Exercise goal: Please copy every line of the material exactly.

The data:
[Start of Attachment]

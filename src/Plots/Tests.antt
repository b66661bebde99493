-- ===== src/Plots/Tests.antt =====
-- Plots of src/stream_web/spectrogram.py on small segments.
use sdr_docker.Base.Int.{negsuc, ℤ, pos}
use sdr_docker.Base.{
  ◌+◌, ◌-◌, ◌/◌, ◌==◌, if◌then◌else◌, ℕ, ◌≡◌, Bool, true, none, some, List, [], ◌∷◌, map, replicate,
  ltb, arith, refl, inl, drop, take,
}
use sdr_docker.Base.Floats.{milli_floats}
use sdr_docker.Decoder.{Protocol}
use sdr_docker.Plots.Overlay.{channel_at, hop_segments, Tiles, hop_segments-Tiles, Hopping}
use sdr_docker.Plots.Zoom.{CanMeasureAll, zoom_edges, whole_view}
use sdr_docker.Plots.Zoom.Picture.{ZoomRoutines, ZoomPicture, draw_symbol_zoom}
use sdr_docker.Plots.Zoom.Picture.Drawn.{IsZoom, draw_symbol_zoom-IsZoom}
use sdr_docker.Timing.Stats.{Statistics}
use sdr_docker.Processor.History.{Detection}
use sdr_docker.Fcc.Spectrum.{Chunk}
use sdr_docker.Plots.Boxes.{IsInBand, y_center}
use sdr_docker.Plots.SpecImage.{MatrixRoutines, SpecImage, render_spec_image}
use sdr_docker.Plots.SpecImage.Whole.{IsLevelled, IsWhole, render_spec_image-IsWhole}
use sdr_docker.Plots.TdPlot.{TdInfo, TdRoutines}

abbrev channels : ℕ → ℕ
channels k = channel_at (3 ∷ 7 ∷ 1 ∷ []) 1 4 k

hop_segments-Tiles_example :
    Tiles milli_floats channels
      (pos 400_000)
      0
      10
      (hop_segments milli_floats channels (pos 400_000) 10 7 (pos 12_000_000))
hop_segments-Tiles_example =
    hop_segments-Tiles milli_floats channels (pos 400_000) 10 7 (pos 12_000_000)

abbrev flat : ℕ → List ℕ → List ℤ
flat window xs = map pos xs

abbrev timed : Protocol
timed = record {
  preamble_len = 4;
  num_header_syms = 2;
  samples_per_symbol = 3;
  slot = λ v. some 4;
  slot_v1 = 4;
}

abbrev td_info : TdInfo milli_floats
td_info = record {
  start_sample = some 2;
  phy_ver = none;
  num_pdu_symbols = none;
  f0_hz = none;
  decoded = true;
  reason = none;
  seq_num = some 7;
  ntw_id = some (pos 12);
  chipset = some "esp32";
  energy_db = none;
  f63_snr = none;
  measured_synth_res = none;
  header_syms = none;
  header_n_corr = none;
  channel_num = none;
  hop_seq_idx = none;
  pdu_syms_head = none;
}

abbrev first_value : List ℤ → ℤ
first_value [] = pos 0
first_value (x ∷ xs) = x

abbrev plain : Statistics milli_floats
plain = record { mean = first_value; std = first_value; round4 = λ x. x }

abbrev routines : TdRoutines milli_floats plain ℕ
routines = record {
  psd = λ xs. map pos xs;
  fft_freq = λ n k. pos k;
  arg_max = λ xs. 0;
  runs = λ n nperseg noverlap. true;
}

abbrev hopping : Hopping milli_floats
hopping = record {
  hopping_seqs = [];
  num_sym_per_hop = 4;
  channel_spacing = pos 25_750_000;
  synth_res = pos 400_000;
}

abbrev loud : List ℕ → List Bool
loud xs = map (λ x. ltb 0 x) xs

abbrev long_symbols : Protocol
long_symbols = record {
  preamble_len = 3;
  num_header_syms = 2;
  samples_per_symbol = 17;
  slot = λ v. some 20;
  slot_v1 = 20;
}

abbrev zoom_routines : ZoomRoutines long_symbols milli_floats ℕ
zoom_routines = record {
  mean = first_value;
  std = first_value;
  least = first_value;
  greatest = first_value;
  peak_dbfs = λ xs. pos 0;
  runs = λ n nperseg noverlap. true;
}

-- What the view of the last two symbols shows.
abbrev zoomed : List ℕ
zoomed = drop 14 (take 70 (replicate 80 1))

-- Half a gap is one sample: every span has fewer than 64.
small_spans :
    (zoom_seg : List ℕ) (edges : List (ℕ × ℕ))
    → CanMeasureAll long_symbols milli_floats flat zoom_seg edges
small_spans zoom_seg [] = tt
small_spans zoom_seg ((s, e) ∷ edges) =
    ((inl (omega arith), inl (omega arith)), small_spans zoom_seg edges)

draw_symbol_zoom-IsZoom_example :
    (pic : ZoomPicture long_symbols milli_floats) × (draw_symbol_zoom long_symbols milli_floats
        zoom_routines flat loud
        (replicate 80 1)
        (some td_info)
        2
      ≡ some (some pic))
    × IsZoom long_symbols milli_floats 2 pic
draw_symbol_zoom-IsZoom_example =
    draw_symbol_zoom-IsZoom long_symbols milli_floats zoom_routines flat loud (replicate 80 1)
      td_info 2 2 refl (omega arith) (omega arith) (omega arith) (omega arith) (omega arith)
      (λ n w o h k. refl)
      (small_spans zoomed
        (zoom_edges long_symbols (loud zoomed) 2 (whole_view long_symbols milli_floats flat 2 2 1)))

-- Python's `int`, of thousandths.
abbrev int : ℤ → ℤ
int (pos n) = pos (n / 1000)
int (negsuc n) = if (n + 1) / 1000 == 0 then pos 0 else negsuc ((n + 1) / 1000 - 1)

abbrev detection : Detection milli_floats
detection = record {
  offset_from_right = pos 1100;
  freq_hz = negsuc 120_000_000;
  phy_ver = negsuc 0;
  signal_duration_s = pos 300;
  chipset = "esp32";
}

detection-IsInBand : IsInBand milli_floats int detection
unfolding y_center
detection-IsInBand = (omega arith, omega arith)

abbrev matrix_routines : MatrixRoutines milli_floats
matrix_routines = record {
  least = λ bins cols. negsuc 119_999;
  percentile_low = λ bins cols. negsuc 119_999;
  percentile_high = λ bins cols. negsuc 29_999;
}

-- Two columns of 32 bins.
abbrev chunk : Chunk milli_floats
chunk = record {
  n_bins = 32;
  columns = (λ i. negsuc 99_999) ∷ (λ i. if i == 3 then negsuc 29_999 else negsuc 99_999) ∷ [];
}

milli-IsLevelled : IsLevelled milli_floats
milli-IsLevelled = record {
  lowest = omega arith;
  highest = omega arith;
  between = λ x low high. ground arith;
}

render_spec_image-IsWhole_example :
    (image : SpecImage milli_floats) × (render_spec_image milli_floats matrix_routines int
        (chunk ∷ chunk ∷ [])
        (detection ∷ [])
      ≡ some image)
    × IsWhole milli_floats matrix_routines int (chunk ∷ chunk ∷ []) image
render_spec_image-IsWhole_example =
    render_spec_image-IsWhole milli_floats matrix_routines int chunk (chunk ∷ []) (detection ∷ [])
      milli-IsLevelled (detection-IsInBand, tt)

[End of Attachment]

Solution to this task:
filename src/Plots/Tests.antt
repository b66661bebde99493
-- ===== src/Plots/Tests.antt =====
-- Plots of src/stream_web/spectrogram.py on small segments.
use sdr_docker.Base.Int.{negsuc, ℤ, pos}
use sdr_docker.Base.{
  ◌+◌, ◌-◌, ◌/◌, ◌==◌, if◌then◌else◌, ℕ, ◌≡◌, Bool, true, none, some, List, [], ◌∷◌, map, replicate,
  ltb, arith, refl, inl, drop, take,
}
use sdr_docker.Base.Floats.{milli_floats}
use sdr_docker.Decoder.{Protocol}
use sdr_docker.Plots.Overlay.{channel_at, hop_segments, Tiles, hop_segments-Tiles, Hopping}
use sdr_docker.Plots.Zoom.{CanMeasureAll, zoom_edges, whole_view}
use sdr_docker.Plots.Zoom.Picture.{ZoomRoutines, ZoomPicture, draw_symbol_zoom}
use sdr_docker.Plots.Zoom.Picture.Drawn.{IsZoom, draw_symbol_zoom-IsZoom}
use sdr_docker.Timing.Stats.{Statistics}
use sdr_docker.Processor.History.{Detection}
use sdr_docker.Fcc.Spectrum.{Chunk}
use sdr_docker.Plots.Boxes.{IsInBand, y_center}
use sdr_docker.Plots.SpecImage.{MatrixRoutines, SpecImage, render_spec_image}
use sdr_docker.Plots.SpecImage.Whole.{IsLevelled, IsWhole, render_spec_image-IsWhole}
use sdr_docker.Plots.TdPlot.{TdInfo, TdRoutines}

abbrev channels : ℕ → ℕ
channels k = channel_at (3 ∷ 7 ∷ 1 ∷ []) 1 4 k

hop_segments-Tiles_example :
    Tiles milli_floats channels
      (pos 400_000)
      0
      10
      (hop_segments milli_floats channels (pos 400_000) 10 7 (pos 12_000_000))
hop_segments-Tiles_example =
    hop_segments-Tiles milli_floats channels (pos 400_000) 10 7 (pos 12_000_000)

abbrev flat : ℕ → List ℕ → List ℤ
flat window xs = map pos xs

abbrev timed : Protocol
timed = record {
  preamble_len = 4;
  num_header_syms = 2;
  samples_per_symbol = 3;
  slot = λ v. some 4;
  slot_v1 = 4;
}

abbrev td_info : TdInfo milli_floats
td_info = record {
  start_sample = some 2;
  phy_ver = none;
  num_pdu_symbols = none;
  f0_hz = none;
  decoded = true;
  reason = none;
  seq_num = some 7;
  ntw_id = some (pos 12);
  chipset = some "esp32";
  energy_db = none;
  f63_snr = none;
  measured_synth_res = none;
  header_syms = none;
  header_n_corr = none;
  channel_num = none;
  hop_seq_idx = none;
  pdu_syms_head = none;
}

abbrev first_value : List ℤ → ℤ
first_value [] = pos 0
first_value (x ∷ xs) = x

abbrev plain : Statistics milli_floats
plain = record { mean = first_value; std = first_value; round4 = λ x. x }

abbrev routines : TdRoutines milli_floats plain ℕ
routines = record {
  psd = λ xs. map pos xs;
  fft_freq = λ n k. pos k;
  arg_max = λ xs. 0;
  runs = λ n nperseg noverlap. true;
}

abbrev hopping : Hopping milli_floats
hopping = record {
  hopping_seqs = [];
  num_sym_per_hop = 4;
  channel_spacing = pos 25_750_000;
  synth_res = pos 400_000;
}

abbrev loud : List ℕ → List Bool
loud xs = map (λ x. ltb 0 x) xs

abbrev long_symbols : Protocol
long_symbols = record {
  preamble_len = 3;
  num_header_syms = 2;
  samples_per_symbol = 17;
  slot = λ v. some 20;
  slot_v1 = 20;
}

abbrev zoom_routines : ZoomRoutines long_symbols milli_floats ℕ
zoom_routines = record {
  mean = first_value;
  std = first_value;
  least = first_value;
  greatest = first_value;
  peak_dbfs = λ xs. pos 0;
  runs = λ n nperseg noverlap. true;
}

-- What the view of the last two symbols shows.
abbrev zoomed : List ℕ
zoomed = drop 14 (take 70 (replicate 80 1))

-- Half a gap is one sample: every span has fewer than 64.
small_spans :
    (zoom_seg : List ℕ) (edges : List (ℕ × ℕ))
    → CanMeasureAll long_symbols milli_floats flat zoom_seg edges
small_spans zoom_seg [] = tt
small_spans zoom_seg ((s, e) ∷ edges) =
    ((inl (omega arith), inl (omega arith)), small_spans zoom_seg edges)

draw_symbol_zoom-IsZoom_example :
    (pic : ZoomPicture long_symbols milli_floats) × (draw_symbol_zoom long_symbols milli_floats
        zoom_routines flat loud
        (replicate 80 1)
        (some td_info)
        2
      ≡ some (some pic))
    × IsZoom long_symbols milli_floats 2 pic
draw_symbol_zoom-IsZoom_example =
    draw_symbol_zoom-IsZoom long_symbols milli_floats zoom_routines flat loud (replicate 80 1)
      td_info 2 2 refl (omega arith) (omega arith) (omega arith) (omega arith) (omega arith)
      (λ n w o h k. refl)
      (small_spans zoomed
        (zoom_edges long_symbols (loud zoomed) 2 (whole_view long_symbols milli_floats flat 2 2 1)))

-- Python's `int`, of thousandths.
abbrev int : ℤ → ℤ
int (pos n) = pos (n / 1000)
int (negsuc n) = if (n + 1) / 1000 == 0 then pos 0 else negsuc ((n + 1) / 1000 - 1)

abbrev detection : Detection milli_floats
detection = record {
  offset_from_right = pos 1100;
  freq_hz = negsuc 120_000_000;
  phy_ver = negsuc 0;
  signal_duration_s = pos 300;
  chipset = "esp32";
}

detection-IsInBand : IsInBand milli_floats int detection
unfolding y_center
detection-IsInBand = (omega arith, omega arith)

abbrev matrix_routines : MatrixRoutines milli_floats
matrix_routines = record {
  least = λ bins cols. negsuc 119_999;
  percentile_low = λ bins cols. negsuc 119_999;
  percentile_high = λ bins cols. negsuc 29_999;
}

-- Two columns of 32 bins.
abbrev chunk : Chunk milli_floats
chunk = record {
  n_bins = 32;
  columns = (λ i. negsuc 99_999) ∷ (λ i. if i == 3 then negsuc 29_999 else negsuc 99_999) ∷ [];
}

milli-IsLevelled : IsLevelled milli_floats
milli-IsLevelled = record {
  lowest = omega arith;
  highest = omega arith;
  between = λ x low high. ground arith;
}

render_spec_image-IsWhole_example :
    (image : SpecImage milli_floats) × (render_spec_image milli_floats matrix_routines int
        (chunk ∷ chunk ∷ [])
        (detection ∷ [])
      ≡ some image)
    × IsWhole milli_floats matrix_routines int (chunk ∷ chunk ∷ []) image
render_spec_image-IsWhole_example =
    render_spec_image-IsWhole milli_floats matrix_routines int chunk (chunk ∷ []) (detection ∷ [])
      milli-IsLevelled (detection-IsInBand, tt)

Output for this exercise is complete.